Nothing but the records, repeated exactly, should form the response.
══ Data shown ══
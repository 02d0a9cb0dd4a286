-- ===== src/Match/Engine/Members.antt =====
-- `GroupBuilder::build`, first part: the members of a group are compiled in order, over one builder.
use goliath_siem.Base.{ℕ, zero, suc, ◌≡◌, subst, Option, some, List, [], ◌∷◌, Text, get_elem?}
use goliath_siem.Rule.Resolved.{Expr, RegexFlags}
use goliath_siem.Crates.{Crates}
use goliath_siem.Match.Laws.{Laws}
use goliath_siem.Match.Reference.{ok, >>=-eq-ok}
use goliath_siem.Match.Engine.{Node}
use goliath_siem.Match.Engine.Builder.{B}
use goliath_siem.Match.Engine.Compile.{compile_members}
use goliath_siem.Match.Engine.Grow.{All}
use goliath_siem.Match.Engine.RegexLeaf.{RequiresSound}
use goliath_siem.Match.Engine.Conditions.{Follows-refl, Follows-trans, Computes, Computes-Follows}
use goliath_siem.Match.Engine.Sound.{HasLeaves, AreApart, IsSound, Advances}
use goliath_siem.Match.Engine.Compiling.{add_node_lem}

module _ (c : Crates) (required_literals : Text → RegexFlags → Option (List Text)) where
  open c use {Float}

  -- The compiled rules are the members, in order, each with a node that computes its condition.
  pub data AreCompiled (b : B c required_literals)
      : List (ℕ × Expr Float) → List (ℕ × Node) → Type 0 where
    compiled_nil : AreCompiled b [] []
    compiled_cons :
        {index : ℕ} {e : Expr Float} {n : Node} {members : List (ℕ × Expr Float)}
        {rules : List (ℕ × Node)}
        → Computes c required_literals b e n
        → AreCompiled b members rules
        → AreCompiled b ((index, e) ∷ members) ((index, n) ∷ rules)

  -- Each member has a rule at its place.
  pub AreCompiled-rule :
      {b : B c required_literals} {members : List (ℕ × Expr Float)} {rules : List (ℕ × Node)}
      → AreCompiled b members rules
      → (k index : ℕ) (e : Expr Float) → get_elem? members k ≡ some (index, e)
      → (n : Node) × (get_elem? rules k ≡ some (index, n)) × Computes c required_literals b e n
  AreCompiled-rule compiled_nil k index e h = cc
  AreCompiled-rule {b} (compiled_cons {e = e'} {n = n} computes compiled) zero index e h =
      let same : e' ≡ e = cc in
      (n, cc, subst (λ x. Computes c required_literals b x n) same computes)
  AreCompiled-rule (compiled_cons computes compiled) (suc k) index e h =
      AreCompiled-rule compiled k index e h

  -- Each rule has a member at its place.
  pub AreCompiled-member :
      {b : B c required_literals} {members : List (ℕ × Expr Float)} {rules : List (ℕ × Node)}
      → AreCompiled b members rules
      → (k index : ℕ) (n : Node) → get_elem? rules k ≡ some (index, n)
      → (e : Expr Float) × (get_elem? members k ≡ some (index, e))
        × Computes c required_literals b e n
  AreCompiled-member compiled_nil k index n h = cc
  AreCompiled-member {b} (compiled_cons {e = e} {n = n'} computes compiled) zero index n h =
      let same : n' ≡ n = cc in
      (e, cc, subst (λ x. Computes c required_literals b e x) same computes)
  AreCompiled-member (compiled_cons computes compiled) (suc k) index n h =
      AreCompiled-member compiled k index n h

  module _ (Known : Expr Float → Type 0) (laws : Laws c)
      (requires : RequiresSound c required_literals)
      (apart : AreApart c required_literals Known) where
    pub compile_members_lem :
        (b : B c required_literals) (members : List (ℕ × Expr Float))
        → All (λ (index, e). HasLeaves Known e) members
        → IsSound c required_literals Known b
        → (r : B c required_literals × List (ℕ × Node))
        → compile_members c required_literals b members ≡ ok r
        → Advances c required_literals Known b r.0 × AreCompiled r.0 members r.1
    unfolding compile_members
    compile_members_lem b [] known sound r h =
        let same : (b, []) ≡ r = cc in
        rw (← same)
          (record { follows = Follows-refl c required_literals b; sound = sound }, compiled_nil)
    compile_members_lem b ((index, e) ∷ members) (known, knowns) sound r h =
        let (x, e₁, e₂) = >>=-eq-ok _ _ h in
        let (y, e₃, e₄) = >>=-eq-ok _ _ e₂ in
        let (advances, computes) =
          add_node_lem c required_literals Known laws requires apart b known sound x e₁ in
        let (advances', compiled) = compile_members_lem x.0 members knowns advances.sound y e₃ in
        let same : (y.0, (index, x.1) ∷ y.1) ≡ r = cc in
        rw (← same) (
          record {
            follows =
                Follows-trans c required_literals b x.0 y.0 advances.follows advances'.follows;
            sound = advances'.sound;
          },
          compiled_cons (Computes-Follows c required_literals x.0 y.0 advances'.follows computes)
              compiled,
        )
═══
■ **Solution**:
repository 02d0a9cb0dd4a286
-- ===== src/Match/Engine/Members.antt =====
-- `GroupBuilder::build`, first part: the members of a group are compiled in order, over one builder.
use goliath_siem.Base.{ℕ, zero, suc, ◌≡◌, subst, Option, some, List, [], ◌∷◌, Text, get_elem?}
use goliath_siem.Rule.Resolved.{Expr, RegexFlags}
use goliath_siem.Crates.{Crates}
use goliath_siem.Match.Laws.{Laws}
use goliath_siem.Match.Reference.{ok, >>=-eq-ok}
use goliath_siem.Match.Engine.{Node}
use goliath_siem.Match.Engine.Builder.{B}
use goliath_siem.Match.Engine.Compile.{compile_members}
use goliath_siem.Match.Engine.Grow.{All}
use goliath_siem.Match.Engine.RegexLeaf.{RequiresSound}
use goliath_siem.Match.Engine.Conditions.{Follows-refl, Follows-trans, Computes, Computes-Follows}
use goliath_siem.Match.Engine.Sound.{HasLeaves, AreApart, IsSound, Advances}
use goliath_siem.Match.Engine.Compiling.{add_node_lem}

module _ (c : Crates) (required_literals : Text → RegexFlags → Option (List Text)) where
  open c use {Float}

  -- The compiled rules are the members, in order, each with a node that computes its condition.
  pub data AreCompiled (b : B c required_literals)
      : List (ℕ × Expr Float) → List (ℕ × Node) → Type 0 where
    compiled_nil : AreCompiled b [] []
    compiled_cons :
        {index : ℕ} {e : Expr Float} {n : Node} {members : List (ℕ × Expr Float)}
        {rules : List (ℕ × Node)}
        → Computes c required_literals b e n
        → AreCompiled b members rules
        → AreCompiled b ((index, e) ∷ members) ((index, n) ∷ rules)

  -- Each member has a rule at its place.
  pub AreCompiled-rule :
      {b : B c required_literals} {members : List (ℕ × Expr Float)} {rules : List (ℕ × Node)}
      → AreCompiled b members rules
      → (k index : ℕ) (e : Expr Float) → get_elem? members k ≡ some (index, e)
      → (n : Node) × (get_elem? rules k ≡ some (index, n)) × Computes c required_literals b e n
  AreCompiled-rule compiled_nil k index e h = cc
  AreCompiled-rule {b} (compiled_cons {e = e'} {n = n} computes compiled) zero index e h =
      let same : e' ≡ e = cc in
      (n, cc, subst (λ x. Computes c required_literals b x n) same computes)
  AreCompiled-rule (compiled_cons computes compiled) (suc k) index e h =
      AreCompiled-rule compiled k index e h

  -- Each rule has a member at its place.
  pub AreCompiled-member :
      {b : B c required_literals} {members : List (ℕ × Expr Float)} {rules : List (ℕ × Node)}
      → AreCompiled b members rules
      → (k index : ℕ) (n : Node) → get_elem? rules k ≡ some (index, n)
      → (e : Expr Float) × (get_elem? members k ≡ some (index, e))
        × Computes c required_literals b e n
  AreCompiled-member compiled_nil k index n h = cc
  AreCompiled-member {b} (compiled_cons {e = e} {n = n'} computes compiled) zero index n h =
      let same : n' ≡ n = cc in
      (e, cc, subst (λ x. Computes c required_literals b e x) same computes)
  AreCompiled-member (compiled_cons computes compiled) (suc k) index n h =
      AreCompiled-member compiled k index n h

  module _ (Known : Expr Float → Type 0) (laws : Laws c)
      (requires : RequiresSound c required_literals)
      (apart : AreApart c required_literals Known) where
    pub compile_members_lem :
        (b : B c required_literals) (members : List (ℕ × Expr Float))
        → All (λ (index, e). HasLeaves Known e) members
        → IsSound c required_literals Known b
        → (r : B c required_literals × List (ℕ × Node))
        → compile_members c required_literals b members ≡ ok r
        → Advances c required_literals Known b r.0 × AreCompiled r.0 members r.1
    unfolding compile_members
    compile_members_lem b [] known sound r h =
        let same : (b, []) ≡ r = cc in
        rw (← same)
          (record { follows = Follows-refl c required_literals b; sound = sound }, compiled_nil)
    compile_members_lem b ((index, e) ∷ members) (known, knowns) sound r h =
        let (x, e₁, e₂) = >>=-eq-ok _ _ h in
        let (y, e₃, e₄) = >>=-eq-ok _ _ e₂ in
        let (advances, computes) =
          add_node_lem c required_literals Known laws requires apart b known sound x e₁ in
        let (advances', compiled) = compile_members_lem x.0 members knowns advances.sound y e₃ in
        let same : (y.0, (index, x.1) ∷ y.1) ≡ r = cc in
        rw (← same) (
          record {
            follows =
                Follows-trans c required_literals b x.0 y.0 advances.follows advances'.follows;
            sound = advances'.sound;
          },
          compiled_cons (Computes-Follows c required_literals x.0 y.0 advances'.follows computes)
              compiled,
        )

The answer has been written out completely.